▶ _WHAT THIS TASK INVOLVES_:
Starting with the line that contains "read_contents operation_id none" and stopping after the line that contains "attach position job_id [] = []", return each line below exactly as written, with no others.

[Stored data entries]
**********

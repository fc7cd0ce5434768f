-- ===== src/Printer/JobName/RoundTrip.antt =====
-- A device's listing leads back to the operation, the document and the number of documents.
use kiosk_project.Base.{
  take-append, drop-append, subst, ℕ, ◌<◌, ◌≡◌, refl, ◌∙◌, ap, sym, Bool, true, false, some, List,
  [], ◌∷◌, ◌++◌, codes, arith, ◌==◌, ltb, leb, is_digit, length, take, drop, replicate,
  matches_classes,
}
use kiosk_project.Domain.PageRanges.{number, trim, is_space}
use kiosk_project.Domain.PageRanges.Parse.{AllDigits}
use kiosk_project.Domain.PageRanges.RoundTrip.{All-append, NoSpaces, trim-none}
use kiosk_project.Domain.ObjectKeys.{is_session_id, session_id_classes, to_lower_case}
use kiosk_project.Printer.Submission.{is_operation_id}
use kiosk_project.Printer.JobName.{
  device_job_name, is_place, job_name_classes, read_job_name, is_counted, parse_matching,
  parse_device_job_name,
}
use kiosk_project.Printer.JobName.Padding.{padded}
use kiosk_project.Printer.JobName.Places.{
  matches-append, places, session_id_classes-Weaker, places-NoSpaces, to_lower_case-append,
  length-to_lower_case, lower-digits, digits-NoSpaces,
}

-- What follows the operation in a name.
tail : List ℕ → List ℕ → List ℕ
tail p q = b'#' ∷ (p ++ (codes "of" ++ q))

tail-NoSpaces : (p q : List ℕ) → AllDigits p → AllDigits q → NoSpaces (tail p q)
unfolding tail is_space
tail-NoSpaces p q h k = (
  refl,
  All-append (λ c. is_space c ≡ false) p (codes "of" ++ q) (digits-NoSpaces p h)
      (refl, (refl, digits-NoSpaces q k)),
)

name-NoSpaces :
    (id p q : List ℕ)
    → is_operation_id id ≡ true
    → AllDigits p
    → AllDigits q
    → NoSpaces (id ++ tail p q)
unfolding is_operation_id is_session_id
name-NoSpaces id p q valid h k =
    let (_, _, at_places) =
      places session_id_classes (to_lower_case id) session_id_classes-Weaker valid in
    All-append (λ c. is_space c ≡ false) id (tail p q) (places-NoSpaces id at_places)
      (tail-NoSpaces p q h k)

length-id : (id : List ℕ) → is_operation_id id ≡ true → length id ≡ 36
unfolding is_operation_id is_session_id session_id_classes
length-id id valid =
    let (_, same_length, _) =
      places session_id_classes (to_lower_case id) session_id_classes-Weaker valid in
    sym (length-to_lower_case id) ∙ same_length

lower-tail : (p q : List ℕ) → AllDigits p → AllDigits q → to_lower_case (tail p q) ≡ tail p q
unfolding tail to_lower_case
lower-tail p q h k =
    ap (◌∷◌ b'#')
      (to_lower_case-append p (codes "of" ++ q) ∙ rw (lower-digits p h, lower-digits q k) refl)

abbrev tail_classes : List (ℕ → Bool)
tail_classes =
    (◌==◌ b'#') ∷ (replicate 3 is_digit ++ ((◌==◌ b'o') ∷ (◌==◌ b'f') ∷ replicate 3 is_digit))

tail-matches :
    (a b c x y z : ℕ)
    → AllDigits (a ∷ b ∷ c ∷ [])
    → AllDigits (x ∷ y ∷ z ∷ [])
    → matches_classes tail_classes (tail (a ∷ b ∷ c ∷ []) (x ∷ y ∷ z ∷ [])) ≡ true
unfolding tail
tail-matches a b c x y z (ha, (hb, (hc, _))) (hx, (hy, (hz, _))) = rw (ha, hb, hc, hx, hy, hz) refl

name-matches :
    (id : List ℕ) (a b c x y z : ℕ)
    → is_operation_id id ≡ true
    → AllDigits (a ∷ b ∷ c ∷ [])
    → AllDigits (x ∷ y ∷ z ∷ [])
    → matches_classes job_name_classes
        (to_lower_case (id ++ tail (a ∷ b ∷ c ∷ []) (x ∷ y ∷ z ∷ [])))
      ≡ true
unfolding is_operation_id is_session_id session_id_classes job_name_classes
name-matches id a b c x y z valid h k =
    let (at_places, _, _) =
      places session_id_classes (to_lower_case id) session_id_classes-Weaker valid in
    rw
      (
        to_lower_case-append id (tail (a ∷ b ∷ c ∷ []) (x ∷ y ∷ z ∷ [])),
        lower-tail (a ∷ b ∷ c ∷ []) (x ∷ y ∷ z ∷ []) h k,
      )
      (matches-append (replicate 36 is_place) tail_classes (to_lower_case id) _ at_places
        (tail-matches a b c x y z h k))

parsed :
    (id : List ℕ) (position count a b c x y z : ℕ)
    → is_operation_id id ≡ true
    → position < count
    → AllDigits (a ∷ b ∷ c ∷ [])
    → AllDigits (x ∷ y ∷ z ∷ [])
    → number (a ∷ b ∷ c ∷ []) ≡ position
    → number (x ∷ y ∷ z ∷ []) ≡ count
    → parse_device_job_name (id ++ tail (a ∷ b ∷ c ∷ []) (x ∷ y ∷ z ∷ []))
      ≡ some
          (record { operation_id = to_lower_case id; position = position; document_count = count })
unfolding parse_device_job_name parse_matching read_job_name is_counted tail
parsed id position count a b c x y z valid below h k p q =
    let after = tail (a ∷ b ∷ c ∷ []) (x ∷ y ∷ z ∷ []) in
    let size = length-id id valid in
    let taken : take 36 (id ++ after) ≡ id =
      subst (λ n. take n (id ++ after) ≡ id) size (take-append id after) in
    let dropped : drop 36 (id ++ after) ≡ after =
      subst (λ n. drop n (id ++ after) ≡ after) size (drop-append id after) in
    let ordered : ltb position count ≡ true = ground arith in
    let counted : leb 1 count ≡ true = ground arith in
    let trimmed : trim (id ++ after) ≡ id ++ after =
      trim-none (id ++ after) (name-NoSpaces id (a ∷ b ∷ c ∷ []) (x ∷ y ∷ z ∷ []) valid h k) in
    rw
      (
        trimmed,
        name-matches id a b c x y z valid h k,
        taken,
        dropped,
        valid,
        p,
        q,
        ordered,
        counted,
      )
      refl

-- The name that a document is submitted under leads back to its operation, position and number of
-- documents, the letters of the operation in lower case, where the operation's identifier is valid,
-- the position is below the number of documents, and that number has at most three digits.
pub parse-device_job_name :
    (operation_id : List ℕ) (position document_count : ℕ)
    → is_operation_id operation_id ≡ true
    → position < document_count
    → document_count < 1000
    → parse_device_job_name (device_job_name operation_id position document_count)
      ≡ some (record {
        operation_id = to_lower_case operation_id;
        position = position;
        document_count = document_count;
      })
unfolding device_job_name tail
parse-device_job_name id position count valid below few =
    let (a, b, c, e, p, h) = padded position (omega arith) in
    let (x, y, z, f, q, k) = padded count few in
    rw (e, f) (parsed id position count a b c x y z valid below h k p q)
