-- ===== src/Printer/JobName/Examples.antt =====
-- Names of device jobs.
use kiosk_project.Base.{◌≡◌, refl, codes, List, ℕ, some, none}
use kiosk_project.Base.{arith}
use kiosk_project.Domain.ObjectKeys.{is_session_id, session_id_classes, to_lower_case}
use kiosk_project.Printer.Submission.{is_operation_id}
use kiosk_project.Printer.JobName.{device_job_name, parse_device_job_name}
use kiosk_project.Printer.JobName.RoundTrip.{parse-device_job_name}

abbrev operation_id : List ℕ
operation_id = codes "0A1b2c3d-0000-4000-8000-00000000000a"

name : device_job_name operation_id 1 12 ≡ codes "0A1b2c3d-0000-4000-8000-00000000000a#001of012"
unfolding device_job_name
name = refl

-- A thousand documents take a digit too many to be read back.
thousand : parse_device_job_name (device_job_name operation_id 0 1000) ≡ none
unfolding device_job_name parse_device_job_name
thousand = refl

parse-device_job_name_example :
    parse_device_job_name (device_job_name operation_id 1 12)
    ≡ some (record { operation_id = to_lower_case operation_id; position = 1; document_count = 12 })
unfolding is_operation_id is_session_id session_id_classes to_lower_case
parse-device_job_name_example =
    parse-device_job_name operation_id 1 12 refl (omega arith) (omega arith)
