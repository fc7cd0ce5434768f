-- ===== src/Printer/Journal.antt =====
-- packages/printer-adapters/src/operation-journal.ts: what this machine already told a device. The
-- directory is a list of files by name. A file's contents are the value that `JSON.parse` makes of
-- them, or `none` where it throws; numbers that are no integers are left out. The containment of
-- paths, which the pattern of a name already gives, belongs to the platform's path library.
pub mod Evidence
pub mod Examples
use kiosk_project.Base.{
  ℕ, suc, ◌+◌, Bool, true, false, not, ◌&&◌, ◌||◌, Option, none, some, List, [], ◌∷◌, ◌++◌, codes,
  codes_eq, if◌then◌else◌, find, filter, length, ◌-◌, drop, take, default_to, reverse, starts_with,
  is_some, Result, ok, err, ◌>>=◌, ◌>>◌, require,
}
use kiosk_project.Base.Int.{ℤ, pos, ltb_ℤ, eqb_ℤ}
use kiosk_project.Base.Numbers.{is_safe_integer}
use kiosk_project.Domain.Canonical.{
  Json, null, number, text, array, object, Items, no_items, item, Entries, no_entries, entry,
  undefined_entry,
}
use kiosk_project.Printer.Submission.{PrinterAdapterError, is_operation_id, operation_id_invalid}

pub record DeviceOperationDocument : Type 0 where
  pub position : ℤ
  pub job_id : Option (List ℕ)
  pub job_name : List ℕ

pub record DeviceOperationRecord : Type 0 where
  pub operation_id : List ℕ
  pub queue_name : List ℕ
  pub submitted_at : List ℕ
  pub document_count : ℤ
  pub documents : List DeviceOperationDocument

abbrev pub record_suffix : List ℕ
record_suffix = codes ".json"

-- An entry of the directory.
pub record JournalFile : Type 0 where
  pub name : List ℕ
  pub is_file : Bool
  pub contents : Option Json
  pub modified_at : ℤ

abbrev pub Journal : Type 0
Journal = List JournalFile

-- `source.key` of an object, and of a value that is none.
unfoldable pub field : List ℕ → Entries → Option Json
field key no_entries = none
field key (entry k value rest) = if codes_eq k key then some value else field key rest
field key (undefined_entry k rest) = if codes_eq k key then none else field key rest

unfoldable pub entries_of : Json → Entries
entries_of (object entries) = entries
entries_of _ = no_entries

unfoldable pub items_of : Option Json → Items
items_of (some (array items)) = items
items_of _ = no_items

unfoldable pub count_items : Items → ℕ
count_items no_items = 0
count_items (item value rest) = suc (count_items rest)

unfoldable pub text_of : Option Json → List ℕ
text_of (some (text t)) = t
text_of _ = []

unfoldable pub optional_text : Option Json → Option (List ℕ)
optional_text (some (text t)) = some t
optional_text _ = none

unfoldable pub safe_integer_of : Option Json → Option ℤ
safe_integer_of (some (number n)) = if is_safe_integer n then some n else none
safe_integer_of _ = none

-- One entry of the documents, without those that have no position.
unfoldable pub with_document :
    Option ℤ → Entries → List DeviceOperationDocument → List DeviceOperationDocument
unfolding field optional_text text_of
with_document none document rest = rest
with_document (some position) document rest =
    record {
      position = position;
      job_id = optional_text (field (codes "jobId") document);
      job_name = text_of (field (codes "jobName") document);
    }
    ∷ rest

unfoldable pub documents_of : Items → List DeviceOperationDocument
unfolding with_document safe_integer_of field entries_of
documents_of no_items = []
documents_of (item value rest) =
    with_document (safe_integer_of (field (codes "position") (entries_of value))) (entries_of value)
      (documents_of rest)

unfoldable pub as_record : List ℕ → Json → DeviceOperationRecord
unfolding entries_of items_of field text_of safe_integer_of count_items documents_of
as_record operation_id value =
    let source = entries_of value in
    let documents = items_of (field (codes "documents") source) in
    record {
      operation_id = operation_id;
      queue_name = text_of (field (codes "queueName") source);
      submitted_at = text_of (field (codes "submittedAt") source);
      document_count =
          default_to (safe_integer_of (field (codes "documentCount") source))
            (pos (count_items documents));
      documents = documents_of documents;
    }

-- `JSON.stringify` of a record, as the value that it is read back as.
unfoldable pub job_id_json : Option (List ℕ) → Json
job_id_json none = null
job_id_json (some job_id) = text job_id

unfoldable pub documents_json : List DeviceOperationDocument → Items
unfolding job_id_json
documents_json [] = no_items
documents_json (d ∷ rest) =
    item
      (object (
        entry (codes "position") (number d.position) (
          entry (codes "jobId") (job_id_json d.job_id)
            (entry (codes "jobName") (text d.job_name) no_entries))))
      (documents_json rest)

unfoldable pub record_json : DeviceOperationRecord → Json
unfolding documents_json
record_json r = object (
    entry (codes "operationId") (text r.operation_id) (
      entry (codes "queueName") (text r.queue_name) (
        entry (codes "submittedAt") (text r.submitted_at) (
          entry (codes "documentCount") (number r.document_count)
            (entry (codes "documents") (array (documents_json r.documents)) no_entries)))))

unfoldable pub record_path : List ℕ → Result PrinterAdapterError (List ℕ)
unfolding is_operation_id
record_path operation_id = do
  require (is_operation_id operation_id) operation_id_invalid
  ok (operation_id ++ record_suffix)

abbrev pub is_named : List ℕ → JournalFile → Bool
is_named name f = codes_eq f.name name

-- `writeFile`: the file of that name is replaced.
unfoldable pub write_file : List ℕ → Option Json → ℤ → Journal → Journal
write_file name contents now [] =
    record { name = name; is_file = true; contents = contents; modified_at = now } ∷ []
write_file name contents now (f ∷ rest) =
    let later = write_file name contents now rest in
    if is_named name f
    then record f { contents = contents; modified_at = now } ∷ rest
    else f ∷ later

unfoldable pub write : DeviceOperationRecord → ℤ → Journal → Result PrinterAdapterError Journal
unfolding record_path write_file record_json
write r now journal = do
  name ← record_path r.operation_id
  ok (write_file name (some (record_json r)) now journal)

-- `open`; the directory is there once it was made.
unfoldable pub open_record :
    DeviceOperationRecord → ℤ → Journal → Result PrinterAdapterError Journal
unfolding write
open_record = write

-- A record that was cut short is still evidence.
unfoldable pub read_contents : List ℕ → Option Json → DeviceOperationRecord
unfolding as_record
read_contents operation_id none = record {
  operation_id = operation_id;
  queue_name = [];
  submitted_at = [];
  document_count = pos 0;
  documents = [];
}
read_contents operation_id (some value) = as_record operation_id value

unfoldable pub read_file : List ℕ → Option JournalFile → Option DeviceOperationRecord
unfolding read_contents
read_file operation_id none = none
read_file operation_id (some f) = some (read_contents operation_id f.contents)

unfoldable pub read : List ℕ → Journal → Result PrinterAdapterError (Option DeviceOperationRecord)
unfolding record_path read_file
read operation_id journal = do
  name ← record_path operation_id
  ok (read_file operation_id (find (is_named name) journal))

-- The first document at a position gets the identifier.
unfoldable pub attach : ℤ → List ℕ → List DeviceOperationDocument → List DeviceOperationDocument
attach position job_id [] = []
attach position job_id (d ∷ rest) =
    let later = attach position job_id rest in
    if eqb_ℤ d.position position then record d { job_id = some job_id } ∷ rest else d ∷ later

unfoldable pub record_in :
    ℤ → List ℕ → ℤ → Option DeviceOperationRecord → Journal → Result PrinterAdapterError Journal
unfolding write attach
record_in position job_id now none journal = ok journal
record_in position job_id now (some r) journal =
    if is_some (find (λ d. eqb_ℤ d.position position) r.documents)
    then write (record r { documents = attach position job_id r.documents }) now journal
    else ok journal

unfoldable pub record_job_id :
    List ℕ → ℤ → List ℕ → ℤ → Journal → Result PrinterAdapterError Journal
unfolding read record_in
record_job_id operation_id position job_id now journal = do
  r ← read operation_id journal
  record_in position job_id now r journal

unfoldable pub discard : List ℕ → Journal → Result PrinterAdapterError Journal
unfolding record_path
discard operation_id journal = do
  name ← record_path operation_id
  ok (filter (λ f. not (is_named name f)) journal)

-- `endsWith` and the name without its suffix.
unfoldable pub is_record_name : List ℕ → Bool
unfolding is_operation_id
is_record_name name =
    starts_with (reverse name) (reverse record_suffix)
    && is_operation_id (take (length name - 5) name)

unfoldable pub is_stale : ℤ → JournalFile → Bool
unfolding is_record_name
is_stale cutoff f = f.is_file && is_record_name f.name && ltb_ℤ f.modified_at cutoff

-- The files that went, counted, and those that stay.
unfoldable pub discard_before : ℤ → Journal → ℕ × Journal
unfolding is_stale
discard_before cutoff journal =
    (length (filter (is_stale cutoff) journal), filter (λ f. not (is_stale cutoff f)) journal)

**********

▶ _SOLVED PROBLEM_:
read_contents operation_id none = record {
  operation_id = operation_id;
  queue_name = [];
  submitted_at = [];
  document_count = pos 0;
  documents = [];
}
read_contents operation_id (some value) = as_record operation_id value

unfoldable pub read_file : List ℕ → Option JournalFile → Option DeviceOperationRecord
unfolding read_contents
read_file operation_id none = none
read_file operation_id (some f) = some (read_contents operation_id f.contents)

unfoldable pub read : List ℕ → Journal → Result PrinterAdapterError (Option DeviceOperationRecord)
unfolding record_path read_file
read operation_id journal = do
  name ← record_path operation_id
  ok (read_file operation_id (find (is_named name) journal))

-- The first document at a position gets the identifier.
unfoldable pub attach : ℤ → List ℕ → List DeviceOperationDocument → List DeviceOperationDocument
attach position job_id [] = []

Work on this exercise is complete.